Когда доктор вбежал, губернатор уже только хрипел и не в силах был произнести ни слова. Пощупав пульс и приоткрыв веко, врач сказал уверенно:
- Опять удар. Каждое следующее потрясение может оказаться для него последним.
И, возведя глаза к небу, прошептал:
-Смилуйся над ним, господи!
Нетрудно было понять, что в этой ситуации он больше полагался на силы небесные, нежели на свое искусство.
А край тем временем кипел разговорами, слухами, жаркими страстями. Что только не говорили!
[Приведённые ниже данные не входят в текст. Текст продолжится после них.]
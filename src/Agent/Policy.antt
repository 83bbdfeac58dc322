-- ===== src/Agent/Policy.antt =====
-- `PolicyManager` and `_is_trusted_high_risk_evidence` of app/services/agent_approval_service.py.
-- The rows that its queries return, an approval and a context build, are arguments.
pub mod Laws
use test_platform_backend.Prelude.{
  String, Bool, true, false, ◌||◌, ◌&&◌, not, Option, none, some, List, [], ◌∷◌, any, ◌==◌,
  same_opt, if◌then◌else◌,
}
use test_platform_backend.Session.{
  ErrorCode, Result, ok, err, http, conflict, approval_required_before_execution,
  approval_stale_or_superseded, context_decision_build_required,
  required_evidence_incomplete_for_high_risk, high_risk_action_cannot_depend_only_on_memory,
  agent_memory_used_for_high_risk,
}
use test_platform_backend.Permission.{User, Access, has_code, require_project_permission}
use test_platform_backend.Agent.Model.{
  EvidenceRef, AgentToolCall, AgentApproval, AgentContextBuild, ApprovalStatus, is_high_risk,
}
use text.Mathlib.Text.{◌==◌ as str_eq, starts_with}

abbrev pub conflict_with : {A : Type 0} → ErrorCode → Result A
conflict_with code = err (http conflict (some code))

-- A check that lets execution go on, or raises 409 with the code.
abbrev pub unless : Bool → ErrorCode → Result Unit → Result Unit
unless bad code rest = if bad then conflict_with code else rest

abbrev pub is_approved : ApprovalStatus → Bool
is_approved ApprovalStatus.approved = true
is_approved _ = false

-- The comparison of an approval with the call that it is for.
unfoldable pub stale_for : AgentToolCall → AgentApproval → Bool
stale_for c a =
    not (a.input_hash == c.input_hash)
    || not (a.runtime_snapshot_id == c.runtime_snapshot_id)
    || not (same_opt (some a.resource_scope_hash) c.approval_scope_hash)
    || not (same_opt (some a.approval_lineage_id) c.approval_lineage_id)
    || not (a.approval_epoch == c.approval_epoch)

unfoldable pub check_approved : AgentToolCall → Option AgentApproval → Result Unit
unfolding stale_for
check_approved c none = conflict_with approval_required_before_execution
check_approved c (some a) =
    unless (not (is_approved a.approval_status)) approval_required_before_execution
      (unless (stale_for c a) approval_stale_or_superseded (ok tt))

-- `found` is the approval whose id is `call.approved_approval_id`.
unfoldable pub ensure_approval_allows_execution : AgentToolCall → Option AgentApproval → Result Unit
unfolding check_approved
ensure_approval_allows_execution c found =
    if not c.approval_required then ok tt else elim c.approved_approval_id [
      | none ↦ conflict_with approval_required_before_execution
      | some _ ↦ check_approved c found
    ]

-- TRUSTED_HIGH_RISK_EVIDENCE_REF_TYPES, which are the TRUSTED_HIGH_RISK_EVIDENCE_AUTHORITIES too
abbrev pub trusted_sources : List String
trusted_sources = "system_record" ∷ "project_config" ∷ "execution_record" ∷ "document_imported" ∷ []

unfoldable pub is_trusted_high_risk_evidence : EvidenceRef → Bool
unfolding has_code
is_trusted_high_risk_evidence r =
    (has_code r.ref_type trusted_sources || has_code r.authority trusted_sources)
    && ((has_code r.mutability_class ("immutable" ∷ "versioned" ∷ []) && r.pinned)
        || str_eq r.freshness_policy "revalidate_before_side_effect")

unfoldable pub is_agent_memory : EvidenceRef → Bool
is_agent_memory r = str_eq r.ref_type "memory" && starts_with r.authority "memory:agent"

unfoldable pub check_build : AgentToolCall → Option AgentContextBuild → Result Unit
check_build c none = conflict_with context_decision_build_required
check_build c (some b) = unless (not (b.run_id == c.run_id)) context_decision_build_required (
    unless (not b.required_evidence_complete) required_evidence_incomplete_for_high_risk (
      unless (not (any is_trusted_high_risk_evidence c.policy_evidence_refs))
        high_risk_action_cannot_depend_only_on_memory
        (unless (any is_agent_memory c.policy_evidence_refs) agent_memory_used_for_high_risk
          (ok tt))))

-- `found` is the build whose id is `call.decision_context_build_id`.
unfoldable pub ensure_context_allows_execution :
    AgentToolCall → Option AgentContextBuild → Result Unit
unfolding check_build
ensure_context_allows_execution c found =
    if not (is_high_risk c.side_effect) then ok tt else elim c.decision_context_build_id [
      | none ↦ conflict_with context_decision_build_required
      | some _ ↦ check_build c found
    ]

abbrev pub then_check : {A : Type 0} → Result A → Result Unit → Result Unit
then_check (ok _) rest = rest
then_check (err e) rest = err e

-- `for permission in permissions: require_project_permission(user, project, permission)`
unfoldable pub require_permissions : User → Access → List String → Result Unit
require_permissions u a [] = ok tt
require_permissions u a (p ∷ ps) =
    then_check (require_project_permission u a p) (require_permissions u a ps)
И то, что убитый офицер приходился кузеном чуть ли не самому государю императору... И что он находился здесь тайным соглядатаем по делу Ало-оглы... И что сам генерал-губернатор, не говоря уже об уездном начальнике, находились у него под присмотром и даже на подозрении... Раз так может, офицера убил какой-нибудь губернаторский прихвостень, чтобы не допустить разоблачений и обнаружения беспорядков в несении ими государевой службы?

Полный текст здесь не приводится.